The Half-Believed Incarnation
It’s that time of year again. Christmas music blaring over the radio, in stores, on TV, and in ads. It’s everywhere!
Not that I mind. But I find it kind of ironic.
Here we are in 2025, a nation that mostly shrugs at the idea of God, and yet every December, we belt out lyrics that sound like the Nicene Creed set to music. “Born that man no more may die… Christ, the everlasting Lord.” These aren’t subtle. They’re ancient orthodoxy in surround sound. But the surveys say nearly half of us think Jesus was just a good teacher, nothing more.
It’s weird, isn’t it? We love the story. We love the holiday. But when asked if that baby in the manger was actually God, if He existed before Bethlehem, almost half of us say, “Nah.” The numbers keep dropping. Back in 2021, most Americans would call Jesus the Son of God. But ask if He’s eternal, and suddenly only four out of ten are in.
The numbers have been grim for years, and they haven’t improved. Back in 2021, Lifeway Research found that 72 percent of Americans believed the Bethlehem birth was historical fact, and 80 percent were willing to call Jesus the Son of God. But push a little further, ask whether that Son existed eternally before the manger, and the affirmation collapsed to 41 percent. The pattern holds in fresher data: by 2025, 49 percent of us now say outright that Jesus was not God. We like the story. We love the holiday. We just prefer a version that doesn’t make demands.
This isn’t new. We’ve been editing the Incarnation for centuries. If you want proof, look at Thomas Jefferson.
Picture Jefferson, late at night in the White House, razor in hand, cutting up his Bible. Every miracle, every resurrection, every claim that Jesus existed before Bethlehem—snip, snip, snip. What’s left? A slim book: The Life and Morals of Jesus of Nazareth. No virgin birth, no walking on water, no “Before Abraham was, I am.” Just a wise man from Galilee. Jefferson was blunt—he called the Trinity “mere Abracadabra” and the Incarnation a stumbling block. He wanted Jesus safe for the Enlightenment: inspiring, moral, human.
We nod approvingly at Jefferson’s civic genius while forgetting that he could not stomach the heart of the story his era still assumed. Even the deists of the founding generation operated in a world where the Incarnation was at least plausible. They argued about its meaning, not its possibility. Today we are further down Jefferson’s road than he ever walked.
Next year, the republic turns 250. There will be parades, commemorative coins, breathless speeches about the Founders’ vision. We will quote the Declaration’s appeal to the “Creator” who endows rights, and few will pause to note the irony. The same culture, preparing to celebrate that birthday, increasingly treats the Creator’s entrance into His creation as optional folklore. We keep the ethics (or what we imagine the ethics to be), clip the miracles, and hum the carols because they sound nice.
But those carols are not nice. They are confrontational.
“O Come, All Ye Faithful” calls the infant “God of God, Light of Light… Very God, begotten, not created.” Isaac Watts, in “Joy to the World,” has the earth receiving her King who “rules the world with truth and grace / And makes the nations prove / The glories of His righteousness.” These are not vague seasonal sentiments. They are declarations that the baby in the feed trough is the eternal Word who spoke galaxies into being, who fulfilled prophecies from Genesis to Malachi, who came not merely to teach but to redeem, judge, and reign.
And yet, we sing them anyway. Every December, we belt them out, then pack them away with the lights and tinsel. The praise is seasonal. The submission? Optional.
This is the real half-believed Incarnation in action. We grant the historical manger scene because it’s harmless.
A baby poses no threat to our autonomy.
But the everlasting Lord who “late in time behold Him come, offspring of a virgin’s womb”? That claim disrupts everything.

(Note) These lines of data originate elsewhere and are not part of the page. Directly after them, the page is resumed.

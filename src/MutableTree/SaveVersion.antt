-- ===== src/MutableTree/SaveVersion.antt =====
-- mutable_tree.go: `SaveVersion`, on a working tree and its node database. `sum_256` is SHA-256.
-- A clone of the immutable tree shares its root, whose hash is computed in place.
use iavl.Prelude.{
  ℕ, ◌+◌, ◌%◌, [], Bool, false, not, Option, none, some, get_or, if◌then◌else◌, Result, ok, err,
  ◌>>=◌, Error,
}
use iavl.Prelude.Words.{two_64}
use iavl.Bytes.{Bytes, equal_bytes}
use iavl.Node.{Node, nil, node, Fields, NodeKey}
use iavl.Hashing.{hash_with_count}
use iavl.ImmutableTree.{ImmutableTree, is_nil}
use iavl.MemDb.{BTree}
use iavl.NodeDatabase.{NodeDatabase, save_empty_root, save_root, save_node, commit}
use iavl.NodeDatabase.Roots.{get_root, get_node}
use iavl.NodeDatabase.Versions.{version_exists}
use iavl.NodeDatabase.Upkeep.{reset_latest_version}
use iavl.MutableTree.{MutableTree, set_root}
use iavl.MutableTree.Saving.{working_version, save_new_nodes}
use iavl.MutableTree.FastSave.{save_fast_node_version}

-- `(existingRoot == nil && tree.root == nil) || (existingRoot != nil && bytes.Equal(…))`
unfoldable pub is_same_root : (existing_root root : Node) → Bytes → Bool
is_same_root nil root new_hash = is_nil root
is_same_root (node f a b) root new_hash = equal_bytes (get_or f.hash []) new_hash

-- a tree at a version, with a root
unfoldable pub at_version : MutableTree → Node → ℕ → MutableTree
at_version tree root version =
    let immutable : ImmutableTree = record (tree.immutable) { root = root; version = version } in
    record tree { immutable = immutable; last_saved = immutable }

-- The unsaved fast nodes are dropped where they have been saved.
unfoldable pub without_unsaved : MutableTree → MutableTree
without_unsaved tree =
    if not tree.skip_fast_storage_upgrade
    then record tree { unsaved_fast_node_additions = []; unsaved_fast_node_removals = [] }
    else tree

module _ (B : BTree) (sum_256 : Bytes → Bytes) where
  -- `WorkingHash`
  unfoldable pub working_hash : NodeDatabase B → MutableTree → Result (Bytes × MutableTree)
  unfolding set_root working_version
  working_hash ndb tree = do
    (h, root) ←
        hash_with_count sum_256 (working_version tree.immutable.version ndb.initial_version)
          tree.immutable.root
    ok (h, set_root tree root)

  unfoldable pub existing_root : NodeDatabase B → Option Bytes → Result (Node × NodeDatabase B)
  existing_root ndb none = ok (nil, ndb)
  existing_root ndb (some nk) = get_node B sum_256 ndb (some nk)

  -- The version exists: nothing is saved, and it is an error if the hash is another one.
  unfoldable pub save_existing :
      NodeDatabase B → MutableTree → ℕ → Result (Bytes × ℕ × MutableTree × NodeDatabase B)
  unfolding existing_root working_hash is_same_root at_version
  save_existing ndb tree version = do
    nk ← get_root B ndb version
    (existing, ndb) ← existing_root ndb nk
    (new_hash, tree) ← working_hash ndb tree
    if is_same_root existing tree.immutable.root new_hash
        then ok (new_hash, version, at_version tree existing version, ndb)
        else err Error.version_saved_differently

  -- the unsaved fast nodes
  unfoldable pub save_fast_nodes : NodeDatabase B → MutableTree → ℕ → Result (NodeDatabase B)
  save_fast_nodes ndb tree version =
      if not tree.skip_fast_storage_upgrade
      then save_fast_node_version B ndb tree.unsaved_fast_node_additions
          tree.unsaved_fast_node_removals version
      else ok ndb

  -- A root that was saved is referred to, and one in the old format is saved in the new one.
  unfoldable pub save_known_root :
      NodeDatabase B → Fields → Node → Node → NodeKey → ℕ → Result (Node × NodeDatabase B)
  save_known_root ndb f a b nk version = do
    ndb ← save_root B ndb version nk
    let root = node (record f { is_legacy = false }) a b
    if f.is_legacy then (do ndb ← save_node B ndb root; ok (root, ndb)) else ok (node f a b, ndb)

  unfoldable pub save_root_node : NodeDatabase B → Node → ℕ → Result (Node × NodeDatabase B)
  unfolding save_known_root
  save_root_node ndb nil version = do ndb ← save_empty_root B ndb version; ok (nil, ndb)
  save_root_node ndb (node f a b) version = elim (f.node_key) [
    | some nk ↦ save_known_root ndb f a b nk version
    | none ↦ save_new_nodes B sum_256 ndb (node f a b) version
  ]

  unfoldable pub save_new :
      NodeDatabase B → MutableTree → ℕ → Result (Bytes × ℕ × MutableTree × NodeDatabase B)
  unfolding save_fast_nodes save_root_node at_version without_unsaved reset_latest_version
  save_new ndb tree version = do
    ndb ← save_fast_nodes ndb tree version
    (root, ndb) ← save_root_node ndb tree.immutable.root version
    ndb ← commit B ndb
    (h, root) ← hash_with_count sum_256 ((version + 1) % two_64) root
    ok (
      h,
      version,
      without_unsaved (at_version tree root version),
      reset_latest_version B ndb version,
    )

  unfoldable pub save_version :
      NodeDatabase B → MutableTree → Result (Bytes × ℕ × MutableTree × NodeDatabase B)
  unfolding working_version save_existing save_new
  save_version ndb tree =
      let version = working_version tree.immutable.version ndb.initial_version in
      do
        (exists, ndb) ← version_exists B ndb version
        if exists then save_existing ndb tree version else save_new ndb tree version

It means history has a direction. It means human nature is fallen enough to require rescue from the outside. It means the One who took on flesh will one day judge it. A full Incarnation is not decoration; it is invasion, grace breaking into ruin, demanding allegiance.

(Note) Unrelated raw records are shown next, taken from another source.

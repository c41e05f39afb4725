-- ===== src/MutableTree/Saving/Counts.antt =====
-- mutable_tree.go: the new nodes of a tree, and how often a key stands in a list of nodes.
use iavl.Prelude.{
  ℕ, suc, ◌+◌, ◌≡◌, refl, List, [], ◌∷◌, ◌++◌, Bool, true, false, not, ◌&&◌, Option, none, some,
  is_some, ltb, leb, ◌==◌, if◌then◌else◌, Result, ok, err, panic, stuck, arith,
}
use iavl.Prelude.Words.{lt_int8}
use iavl.Bytes.{Bytes}
use iavl.Node.{NodeKey, Node, nil, node, Fields}
use iavl.Hashing.{hash, set_hash, write_hash_bytes}

-- A node of a working tree: one that was saved, or a new one with the children in memory.
pub data IsSavable : Node → Type 0 where
  already_saved :
      {f : Fields} {a b : Node} (nk : NodeKey) → f.node_key ≡ some nk → IsSavable (node f a b)
  new_leaf :
      {f : Fields} {a b : Node}
      → f.node_key ≡ none
      → lt_int8 0 f.subtree_height ≡ false
      → IsSavable (node f a b)
  new_inner :
      {f : Fields} {a b : Node}
      → f.node_key ≡ none
      → lt_int8 0 f.subtree_height ≡ true
      → IsSavable a
      → IsSavable b
      → IsSavable (node f a b)

-- how many nodes are new
unfoldable pub new_count : Node → ℕ
new_count nil = 0
new_count (node f a b) = elim (f.node_key) [
  | some nk ↦ 0
  | none ↦ elim (lt_int8 0 f.subtree_height) [ false ↦ 1 | true ↦ suc (new_count a + new_count b) ]
]

abbrev pub is_new : Node → Bool
is_new nil = false
is_new (node f a b) = not (is_some f.node_key)

-- how many nodes of a list have the key of a version and a nonce
abbrev pub is_key : ℕ → ℕ → Option NodeKey → Bool
is_key version j none = false
is_key version j (some nk) = (nk.version == version) && (nk.nonce == j)

abbrev pub has_key : ℕ → ℕ → Node → Bool
has_key version j nil = false
has_key version j (node f a b) = is_key version j f.node_key

abbrev pub times : ℕ → ℕ → List Node → ℕ
times version j [] = 0
times version j (n ∷ l) = (if has_key version j n then 1 else 0) + times version j l

-- after the first nonce and up to the last one
abbrev pub between : ℕ → ℕ → ℕ → ℕ
between first last j = if ltb first j && leb j last then 1 else 0

pub times-append_last :
    (version j : ℕ) (l : List Node) (n : Node)
    → times version j (l ++ n ∷ []) ≡ times version j l + (if has_key version j n then 1 else 0)
times-append_last version j [] n = ground arith
times-append_last version j (x ∷ l) n = ground (arith, times-append_last version j l n)

pub set_hash-node_key :
    (sum_256 : Bytes → Bytes) (f : Fields) (r : Result Bytes)
    → (set_hash sum_256 f r).node_key ≡ f.node_key
unfolding set_hash
set_hash-node_key sum_256 f (ok w) = refl
set_hash-node_key sum_256 f (err e) = refl
set_hash-node_key sum_256 f panic = refl
set_hash-node_key sum_256 f stuck = refl

pub either_key :
    (b : Bool) (f g : Fields) → g.node_key ≡ f.node_key → (if b then f else g).node_key ≡ f.node_key
either_key true f g e = refl
either_key false f g e = e

pub hash-node_key :
    (sum_256 : Bytes → Bytes) (f : Fields) (a b : Node) (version : ℕ)
    → (hash sum_256 f a b version).node_key ≡ f.node_key
unfolding hash
hash-node_key sum_256 f a b version =
    either_key (is_some f.hash) f (set_hash sum_256 f (write_hash_bytes sum_256 f a b version))
      (set_hash-node_key sum_256 f (write_hash_bytes sum_256 f a b version))
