-- ===== src/MutableTree/Saving/Numbers.antt =====
-- mutable_tree.go: the keys that `saveNewNodes` gives to the new nodes.
use iavl.Prelude.{
  ℕ, suc, ◌+◌, ◌%◌, ◌<◌, ◌≡◌, refl, sym, ap, ◌∙◌, List, [], Bool, true, false, not, Option, none,
  some, is_some, ◌==◌, if◌then◌else◌, Result, ok, arith,
}
use iavl.Prelude.Words.{two_32, lt_int8}
use iavl.Bytes.{Bytes}
use iavl.Node.{NodeKey, Node, node, Fields}
use iavl.StorageKey.{get_key, get_root_key, put_big_endian}
use iavl.Hashing.{hash}
use iavl.MutableTree.Saving.{Assigned, finish_assign, recursive_assign_key}
use iavl.MutableTree.Saving.Counts.{
  IsSavable, already_saved, new_leaf, new_inner, new_count, is_new, is_key, times, between,
  times-append_last, hash-node_key,
}

module _ (sum_256 : Bytes → Bytes) (version : ℕ) where
  record Given (r : Result Assigned) (nonce count : ℕ) (new_nodes : List Node) (is_new : Bool)
      : Type 0 where
    pub after : Assigned
    pub returned : r ≡ ok after
    pub last : after.nonce ≡ nonce + count
    pub each :
        (j : ℕ)
        → times version j after.new_nodes
          ≡ times version j new_nodes + between nonce (nonce + count) j
    pub own :
        is_new ≡ true
        → after.key ≡ some (get_key (record { version = version; nonce = (nonce + 1) % two_32 }))

  -- the last step, for a node of this key
  finish_each :
      (f : Fields) (a b : Node) (own last : ℕ) (new_nodes : List Node) (j : ℕ)
      → f.node_key ≡ some (record { version = version; nonce = own })
      → times version j (finish_assign sum_256 version f own a b last new_nodes).new_nodes
        ≡ times version j new_nodes + (if own == j then 1 else 0)
  unfolding finish_assign
  finish_each f a b own last new_nodes j e =
      times-append_last version j new_nodes (node (hash sum_256 f a b version) a b)
      ∙ ap (λ k. times version j new_nodes + (if is_key version j k then 1 else 0))
          (hash-node_key sum_256 f a b version ∙ e)
      ∙ ground arith

  abbrev key_with : ℕ → Option NodeKey
  key_with own = some (record { version = version; nonce = own })

  -- the three forms of a call
  saved_step :
      (f : Fields) (a b : Node) (nk : NodeKey) (nonce : ℕ) (new_nodes : List Node)
      → f.node_key ≡ some nk
      → (key : Option Bytes) × (root : Node) × (recursive_assign_key sum_256 version
            (node f a b)
            nonce
            new_nodes
          ≡ ok (record { key = key; root = root; nonce = nonce; new_nodes = new_nodes }))
  unfolding recursive_assign_key
  saved_step f a b nk nonce new_nodes e = rw e (_, _, refl)

  leaf_step :
      (f : Fields) (a b : Node) (nonce : ℕ) (new_nodes : List Node)
      → f.node_key ≡ none
      → lt_int8 0 f.subtree_height ≡ false
      → recursive_assign_key sum_256 version (node f a b) nonce new_nodes
        ≡ ok (
            finish_assign sum_256 version
              (record f { node_key = key_with ((nonce + 1) % two_32) })
              ((nonce + 1) % two_32)
              a
              b
              ((nonce + 1) % two_32)
              new_nodes)
  unfolding recursive_assign_key
  leaf_step f a b nonce new_nodes e h = rw (e, h) refl

  inner_step :
      (f : Fields) (a b : Node) (nonce : ℕ) (new_nodes : List Node) (left right : Assigned)
      → f.node_key ≡ none
      → lt_int8 0 f.subtree_height ≡ true
      → recursive_assign_key sum_256 version a ((nonce + 1) % two_32) new_nodes ≡ ok left
      → recursive_assign_key sum_256 version b left.nonce left.new_nodes ≡ ok right
      → recursive_assign_key sum_256 version (node f a b) nonce new_nodes
        ≡ ok (
            finish_assign sum_256 version
              (record f {
                node_key = key_with ((nonce + 1) % two_32);
                left_node_key = left.key;
                right_node_key = right.key;
              })
              ((nonce + 1) % two_32)
              left.root
              right.root
              right.nonce
              right.new_nodes)
  unfolding recursive_assign_key
  inner_step f a b nonce new_nodes left right e h p q =
      rw (recursive_assign_key, e, h, p) (rw q refl)

  no_count :
      (f : Fields) (a b : Node) (nk : NodeKey) → f.node_key ≡ some nk → new_count (node f a b) ≡ 0
  unfolding new_count
  no_count f a b nk e = rw e refl

  leaf_count :
      (f : Fields) (a b : Node)
      → f.node_key ≡ none
      → lt_int8 0 f.subtree_height ≡ false
      → new_count (node f a b) ≡ 1
  unfolding new_count
  leaf_count f a b e h = rw (e, h) refl

  inner_count :
      (f : Fields) (a b : Node)
      → f.node_key ≡ none
      → lt_int8 0 f.subtree_height ≡ true
      → new_count (node f a b) ≡ suc (new_count a + new_count b)
  unfolding new_count
  inner_count f a b e h = rw (e, h) refl

  -- a number after the first one, and the ranges of the two children behind it
  between_inner :
      (nonce own left j count_a count_b count : ℕ)
      → count ≡ suc (count_a + count_b)
      → own ≡ nonce + 1
      → left ≡ own + count_a
      → between own (own + count_a) j
          + between left (left + count_b) j
          + (if own == j then 1 else 0)
        ≡ between nonce (nonce + count) j
  between_inner nonce own left j count_a count_b count c o l = ground arith

  regroup : (t x y z : ℕ) → t + x + y + z ≡ t + (x + y + z)
  regroup t x y z = omega arith

  finished_own :
      (f : Fields) (a b : Node) (own last : ℕ) (new_nodes : List Node)
      → (finish_assign sum_256 version f own a b last new_nodes).key
        ≡ some (get_key (record { version = version; nonce = own }))
  unfolding finish_assign
  finished_own f a b own last new_nodes = refl

  finished_nonce :
      (f : Fields) (a b : Node) (own last : ℕ) (new_nodes : List Node)
      → (finish_assign sum_256 version f own a b last new_nodes).nonce ≡ last
  unfolding finish_assign
  finished_nonce f a b own last new_nodes = refl

  saved_Given :
      (f : Fields) (a b : Node) (nk : NodeKey) (nonce : ℕ) (new_nodes : List Node)
      → f.node_key ≡ some nk
      → Given
          (recursive_assign_key sum_256 version (node f a b) nonce new_nodes)
          nonce
          (new_count (node f a b))
          new_nodes
          (is_new (node f a b))
  saved_Given f a b nk nonce new_nodes e =
      let (key, root, r) = saved_step f a b nk nonce new_nodes e in
      let none_new : new_count (node f a b) ≡ 0 = no_count f a b nk e in
      record {
        after = record { key = key; root = root; nonce = nonce; new_nodes = new_nodes };
        returned = r;
        last = rw none_new (ground arith);
        each = λ j. rw none_new (ground arith);
        own = λ q. absurd (not_new (ap is_some e) q);
      }
    where
      not_new : {b : Bool} → b ≡ true → not b ≡ true → ⊥
      not_new {b} e q = ground arith

  assign-Given :
      (n : Node) (nonce : ℕ) (new_nodes : List Node)
      → IsSavable n
      → nonce + new_count n < two_32
      → Given
          (recursive_assign_key sum_256 version n nonce new_nodes)
          nonce
          (new_count n)
          new_nodes
          (is_new n)
  assign-Given n nonce new_nodes (already_saved {f = f} {a = a} {b = b} nk e) l =
      saved_Given f a b nk nonce new_nodes e
  assign-Given n nonce new_nodes (new_leaf {f = f} {a = a} {b = b} e h) l =
      let own = (nonce + 1) % two_32 in
      let one : new_count (node f a b) ≡ 1 = leaf_count f a b e h in
      let small : own ≡ nonce + 1 = ground arith in
      let f' : Fields = record f { node_key = key_with own } in
      record {
        after = finish_assign sum_256 version f' own a b own new_nodes;
        returned = leaf_step f a b nonce new_nodes e h;
        last = finished_nonce f' a b own own new_nodes ∙ small ∙ ap (λ c. nonce + c) (sym one);
        each = λ j. finish_each f' a b own own new_nodes j refl ∙ rw (one, small) (ground arith);
        own = λ q. finished_own f' a b own own new_nodes;
      }
  assign-Given n nonce new_nodes (new_inner {f = f} {a = a} {b = b} e h sa sb) l =
      let own = (nonce + 1) % two_32 in
      let count : new_count (node f a b) ≡ suc (new_count a + new_count b) =
        inner_count f a b e h in
      let small : own ≡ nonce + 1 = ground arith in
      let left = assign-Given a own new_nodes sa (omega arith) in
      let right =
        assign-Given b left.after.nonce left.after.new_nodes sb (omega (arith, left.last)) in
      let f' : Fields = record f {
        node_key = key_with own;
        left_node_key = left.after.key;
        right_node_key = right.after.key;
      } in
      record {
        after =
            finish_assign sum_256 version f' own left.after.root right.after.root right.after.nonce
              right.after.new_nodes;
        returned =
            inner_step f a b nonce new_nodes left.after right.after e h left.returned
              right.returned;
        last =
            finished_nonce f' left.after.root right.after.root own right.after.nonce
              right.after.new_nodes
            ∙ omega (arith, left.last, right.last);
        each = λ j.
            finish_each f' left.after.root right.after.root own right.after.nonce
              right.after.new_nodes j refl
            ∙ ap (λ t. t + (if own == j then 1 else 0))
                (right.each j
                  ∙ ap (λ t. t + between left.after.nonce (left.after.nonce + new_count b) j)
                      (left.each j))
            ∙ regroup (times version j new_nodes) (between own (own + new_count a) j)
                (between left.after.nonce (left.after.nonce + new_count b) j)
                (if own == j then 1 else 0)
            ∙ ap (λ t. times version j new_nodes + t)
                (between_inner nonce own left.after.nonce j (new_count a) (new_count b)
                  (new_count (node f a b)) count small left.last);
        own = λ q.
            finished_own f' left.after.root right.after.root own right.after.nonce
              right.after.new_nodes;
      }

  from_zero : (c j : ℕ) → 0 + between 0 (0 + c) j ≡ between 0 c j
  from_zero c j = ground arith

  root_key : some (get_key (record { version = version; nonce = 1 })) ≡ some (get_root_key version)
  unfolding get_key get_root_key put_big_endian
  root_key = refl

  -- From a root that is new, where the new nodes have their children in memory and are fewer than
  -- 2 ^ 32: the new root gets the key of version and nonce 1, under which `GetRoot` looks for it,
  -- and of the nodes that are saved, exactly one has the key of the version and of each nonce from 1
  -- to the number of new nodes, and none has a larger nonce or 0.
  pub recursive_assign_key-Numbers :
      (f : Fields) (a b : Node)
      → IsSavable (node f a b)
      → f.node_key ≡ none
      → new_count (node f a b) < two_32
      → (r : Assigned) × (recursive_assign_key sum_256 version (node f a b) 0 [] ≡ ok r)
        × (r.key ≡ some (get_root_key version))
        × (r.nonce ≡ new_count (node f a b))
        × ((j : ℕ) → times version j r.new_nodes ≡ between 0 (new_count (node f a b)) j)
  recursive_assign_key-Numbers f a b s e l =
      let g = assign-Given (node f a b) 0 [] s (omega arith) in
      (
        g.after,
        g.returned,
        g.own (ap (λ k. not (is_some k)) e) ∙ root_key,
        g.last ∙ omega arith,
        λ j. g.each j ∙ from_zero (new_count (node f a b)) j,
      )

Jefferson got what he wanted: a nation of citizens aiming for virtue and reason, not kneeling before a divine King. In 2026, we’ll toast our founding with fireworks and nostalgia, built on beliefs we don’t really hold anymore. We’ll talk about inalienable rights from a Creator, but in practice, we’ve edited that Creator into a friendly life coach.

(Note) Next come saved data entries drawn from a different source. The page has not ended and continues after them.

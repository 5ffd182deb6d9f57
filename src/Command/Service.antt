-- ===== src/Command/Service.antt =====
-- internal/command/executor.go: the commands that call launchctl. `time.Sleep` is left out.
pub mod Listing
mod Examples
use monitor_agent.Base.{
  Option, none, some, List, [], ◌∷◌, ◌++◌, Text, lit, text_eq, empty, is_empty, trim_space, split,
  words, contains, if◌then◌else◌,
}
use monitor_agent.Command.Host.{Host, ◌>>=◌, pure}
use monitor_agent.Command.Cli.{Result, done, failed, Exec}

abbrev service_name : Text
service_name = lit "ai.openclaw.gateway"

-- the answer of `execStatus` for the line that it found
service_status : List Text → Text
service_status (pid ∷ exit_code ∷ rest) =
    if text_eq pid (lit "-")
    then lit "not running (last exit: " ++ exit_code ++ lit ")"
    else lit "running (pid: " ++ pid ++ lit ")"
service_status _ = lit "unknown"

-- the line of `launchctl list` that names the service
first_match : List Text → Text
first_match [] = empty
first_match (l ∷ ls) =
    let rest = first_match ls in if contains l service_name then trim_space l else rest

module _ (h : Host) where
  open h use {
    State, launchctl, openclaw, config_path, read_file, write_file, mkdir_all, stamp, dir,
    unmarshal, marshal_indent,
  }

  pub launchctl_result : Text → Text × Option Text → Result
  launchctl_result action (out, none) =
      let output = trim_space out in
      done (
        if is_empty output
        then lit "launchctl " ++ action ++ lit " " ++ service_name ++ lit ": ok"
        else output)
  launchctl_result action (out, some err) = record {
    status = 3;
    output = trim_space out;
    error_message = err;
  }

  unfoldable pub exec_launchctl : Text → Exec h
  unfolding launchctl_result
  exec_launchctl action = do
    r ← launchctl (action ∷ service_name ∷ [])
    pure (launchctl_result action r)

  pub restart_result : Text → Text × Option Text → Result
  restart_result stop_out (start_out, err) =
      let output = lit "stop: " ++ trim_space stop_out ++ lit "\nstart: " ++ trim_space start_out in
      elim err [
        | none ↦ done output
        | some e ↦ record {
          status = 3;
          output = output;
          error_message = lit "restart failed on start: " ++ e;
        }
      ]

  unfoldable pub exec_restart : Exec h
  unfolding restart_result
  exec_restart = do
    (stop_out, _) ← launchctl (lit "stop" ∷ service_name ∷ [])
    r ← launchctl (lit "start" ∷ service_name ∷ [])
    pure (restart_result stop_out r)

  pub status_result : Text × Option Text → Result
  unfolding first_match service_status
  status_result (out, some err) = failed (lit "launchctl list failed: " ++ err)
  status_result (out, none) =
      let matched = first_match (split 10 out) in
      done (
        service_name
        ++ lit ": "
        ++ (if is_empty matched then lit "not loaded" else service_status (words matched)))

  unfoldable pub exec_status : Exec h
  unfolding status_result
  exec_status = do r ← launchctl (lit "list" ∷ []); pure (status_result r)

The cost isn’t abstract. A half-believed Incarnation gives us sentimental Decembers, shallow platitudes, and a spirituality that doesn’t cost us anything. It doesn’t give us forgiveness we don’t deserve, resurrection we can’t earn, or a King who will make all things new. It leaves us with Jefferson’s version, just good advice from a good man, nothing more.
But the carols keep coming back. Every December, they sneak in and proclaim what we train ourselves to forget the rest of the year. Maybe that’s their quiet mercy. A month-long reminder that the real story is bigger than our edits, older than our doubts, truer than our surveys.